In philately, a perfin is a stamp that has had initials or a name perforated across it to discourage theft. The name is a contraction of "perforated initials" or "perforated insignia". They are also sometimes called SPIFS ("stamps perforated with initials of firms and societies").

== History ==
Great Britain was the first country to use perfins, beginning in 1868. The practice spread quickly to Belgium (1872); Denmark, France, Germany and Switzerland (1876); and Austria (1877); the U.S. finally allowed perfins in 1908.

In Britain unused postage stamps could be redeemed for cash at the post office. By agreement with postal authorities, a perfin stamp on a letter could be used only by the owner of the perfin.
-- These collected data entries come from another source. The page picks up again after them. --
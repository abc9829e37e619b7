-- ===== src/Samples.antt =====
-- Sample data for the tests: a socket, configurations, connections and pools with small contents.
use netconnpool_rust.Base.{
  ℕ, ◌≡◌, refl, true, false, none, some, List, [], ◌∷◌, ok, ◌==◌, if◌then◌else◌,
}
use netconnpool_rust.Base.Int.{pos}
use netconnpool_rust.Config.{Config, apply_defaults, validate, default_config, tcp}
use netconnpool_rust.Connection.{Connection}
use netconnpool_rust.IpVersion
use netconnpool_rust.IpVersion.{v4}
use netconnpool_rust.Net.{Moment, Socket, packet}
use netconnpool_rust.Protocol
use netconnpool_rust.SegQueue.{list_queue}
use netconnpool_rust.Pool.State.{PoolInner}
use netconnpool_rust.Pool.Threads.{init, new}
use netconnpool_rust.Stats

abbrev pub moment : Moment
moment = record { instant = 5; unix = 5; clear_elapsed = λ n. n }

abbrev pub socket : Socket
socket = record {
  peer_addr = some (v4 1);
  local_addr = some (v4 2);
  refuses = λ b. none;
  nonblocking = false;
  incoming = packet 10 ∷ packet 20 ∷ [];
  is_shutdown = false;
}

abbrev pub config : Config
config = record default_config {
  max_connections = 2;
  max_idle_connections = 1;
  min_connections = 0;
  dialer = some (λ m p. ok (tcp socket));
}

abbrev pub connection : Connection
connection = record {
  id = 7;
  conn = tcp socket;
  protocol = Protocol.tcp;
  ip_version = IpVersion.ipv4;
  created_at = 1;
  last_used_at = 3;
  last_health_check_at = 1;
  is_healthy = true;
  closed = false;
  in_use = false;
  reuse_count = pos 0;
  leak_reported = false;
  on_close = none;
}

-- One connection, at place 0 and under the id 7, which is idle.
abbrev pub pool : PoolInner (List ℕ)
pool = record {
  config = config;
  store = λ r. connection;
  next_ref = 1;
  generator = 7;
  all_connections = (7, 0) ∷ [];
  idle_connections = λ i. if i == 0 then 0 ∷ [] else [];
  idle_counts = λ i. if i == 0 then 1 else 0;
  closed = false;
  active_count = 0;
  stats_collector = some Stats.new;
  trace = [];
}

-- The same connection lent to a borrower.
abbrev pub lent_pool : PoolInner (List ℕ)
lent_pool = record pool {
  store = λ r. record connection { in_use = true };
  idle_connections = λ i. [];
  idle_counts = λ i. 0;
  active_count = 1;
}

-- The heap of a process with nothing allocated, and a new pool on it.
abbrev pub store : ℕ → Connection
store r = connection

abbrev pub fresh_pool : PoolInner (List ℕ)
fresh_pool = init store 0 0 (apply_defaults config)

pub new_fresh : new store 0 0 (ok tt) config ≡ ok fresh_pool
unfolding new validate apply_defaults
new_fresh = refl
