-- ===== src/Config/Tests.antt =====
-- src/config.rs: validation, corrections and the builder on a sample configuration.
use netconnpool_rust.Base.{◌≡◌, ◌↔◌, ok}
use netconnpool_rust.Config.{validate, apply_defaults}
use netconnpool_rust.Config.Builder.{ConfigBuilder, build}
use netconnpool_rust.Config.Validity.{IsValid, IsBuildable, validate_iff, build_iff}
use netconnpool_rust.Samples.{config}

abbrev builder : ConfigBuilder
builder = record { config = config }

validate_iff_example : (validate config ≡ ok tt) ↔ IsValid config
validate_iff_example = validate_iff config

build_iff_example :
    (build builder ≡ ok config)
    ↔ (IsBuildable config × (config ≡ apply_defaults config) × IsValid config)
build_iff_example = build_iff builder config
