-- ===== src/Connection/Evolution.antt =====
-- What no operation of src/connection.rs on an existing connection changes, its id apart, and what
-- none undoes.
use netconnpool_rust.Base.{◌≡◌, refl, ◌∙◌, Bool, true, false, arith, ok}
use netconnpool_rust.Net.{Moment}
use netconnpool_rust.Connection.{
  Connection, mark_in_use, mark_idle, try_mark_idle, update_health, mark_unhealthy,
  report_leak_once, close, increment_reuse_count,
}

pub record Evolves (c d : Connection) : Type 0 where
  pub id : d.id ≡ c.id
  pub protocol : d.protocol ≡ c.protocol
  pub ip_version : d.ip_version ≡ c.ip_version
  pub created_at : d.created_at ≡ c.created_at
  pub closed : c.closed ≡ true → d.closed ≡ true

pub Evolves-refl : (c : Connection) → Evolves c c
Evolves-refl c = record {
  id = refl;
  protocol = refl;
  ip_version = refl;
  created_at = refl;
  closed = λ e. e;
}

pub Evolves-trans : {c d e : Connection} → Evolves c d → Evolves d e → Evolves c e
Evolves-trans h k = record {
  id = k.id ∙ h.id;
  protocol = k.protocol ∙ h.protocol;
  ip_version = k.ip_version ∙ h.ip_version;
  created_at = k.created_at ∙ h.created_at;
  closed = λ e. k.closed (h.closed e);
}

pub mark_in_use-Evolves : (m : Moment) (c : Connection) → Evolves c (mark_in_use m c)
unfolding mark_in_use
mark_in_use-Evolves m c = ground arith

pub mark_idle-Evolves : (m : Moment) (c : Connection) → Evolves c (mark_idle m c)
unfolding mark_idle
mark_idle-Evolves m c = ground arith

pub try_mark_idle-Evolves : (m : Moment) (c : Connection) → Evolves c (try_mark_idle m c).0
unfolding try_mark_idle
try_mark_idle-Evolves m c = ground arith

pub update_health-Evolves :
    (m : Moment) (b : Bool) (c : Connection) → Evolves c (update_health m b c)
unfolding update_health
update_health-Evolves m b c = ground arith

pub mark_unhealthy-Evolves : (c : Connection) → Evolves c (mark_unhealthy c)
unfolding mark_unhealthy
mark_unhealthy-Evolves c = ground arith

pub report_leak_once-Evolves : (c : Connection) → Evolves c (report_leak_once c).0
unfolding report_leak_once
report_leak_once-Evolves c = ground arith

pub increment_reuse_count-Evolves : (c : Connection) → Evolves c (increment_reuse_count c)
unfolding increment_reuse_count
increment_reuse_count-Evolves c = record {
  id = refl;
  protocol = refl;
  ip_version = refl;
  created_at = refl;
  closed = λ e. e;
}

pub close-Evolves : (m : Moment) (c : Connection) → Evolves c (close m c).0
unfolding close
close-Evolves m c = ground arith

-- After `close` the connection is closed, whatever the callback answers, and in use exactly if it was
-- before; a second `close` changes nothing and reports success.
pub close_lem :
    (m n : Moment) (c : Connection)
    → ((close m c).0.closed ≡ true)
      × ((close m c).0.in_use ≡ c.in_use)
      × (close n (close m c).0 ≡ ((close m c).0, ok tt))
unfolding close
close_lem m n c = ground arith

-- `try_mark_idle` reports whether the connection was in use, leaves it idle, and reports `false` the
-- second time.
pub try_mark_idle_once :
    (m n : Moment) (c : Connection)
    → ((try_mark_idle m c).1 ≡ c.in_use)
      × ((try_mark_idle m c).0.in_use ≡ false)
      × ((try_mark_idle n (try_mark_idle m c).0).1 ≡ false)
unfolding try_mark_idle
try_mark_idle_once m n c = ground arith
Therefore, a stolen perforated stamp would be of no value to the unauthorized bearer. Thus the use of perfins gave organizations better security over their postage. The demise of the perfin came about by the widespread use of postage meter machines which obviated the need for perfins.

==Officially prepared perfins==
A number of countries have perforated stamps to denote official mail. Denmark punctured stamps for use by the Danish Home Guard. The United States has punctured stamps for use by various Federal organisations and Australian states such as Victoria and Queensland used perfins widely on their stamps.

==Collecting perfins==
Formerly considered damaged and not worth collecting, perforated postage stamps are now highly sought after by specialist collectors. It is often difficult to identify the originating uses of individual perfins because there are usually no identifying features; for instance the Kodak company used a simple K as their perfin, but on its own a stamp perforated K could have been used by several other users. A K perfin still affixed to a cover that has some company identifying feature, like the company name, address, or even a postmark or cancellation of a town where the company had offices, enhances such a perfin. Note that the block of 12 stamps illustrated on the right includes two copies of the highly sought-after erroneous 5-cent denomination instead of 2 cents.

==Postal stationery==
In addition to stamps, postal stationery envelopes, postcards, and newspaper wrappers were perfinned.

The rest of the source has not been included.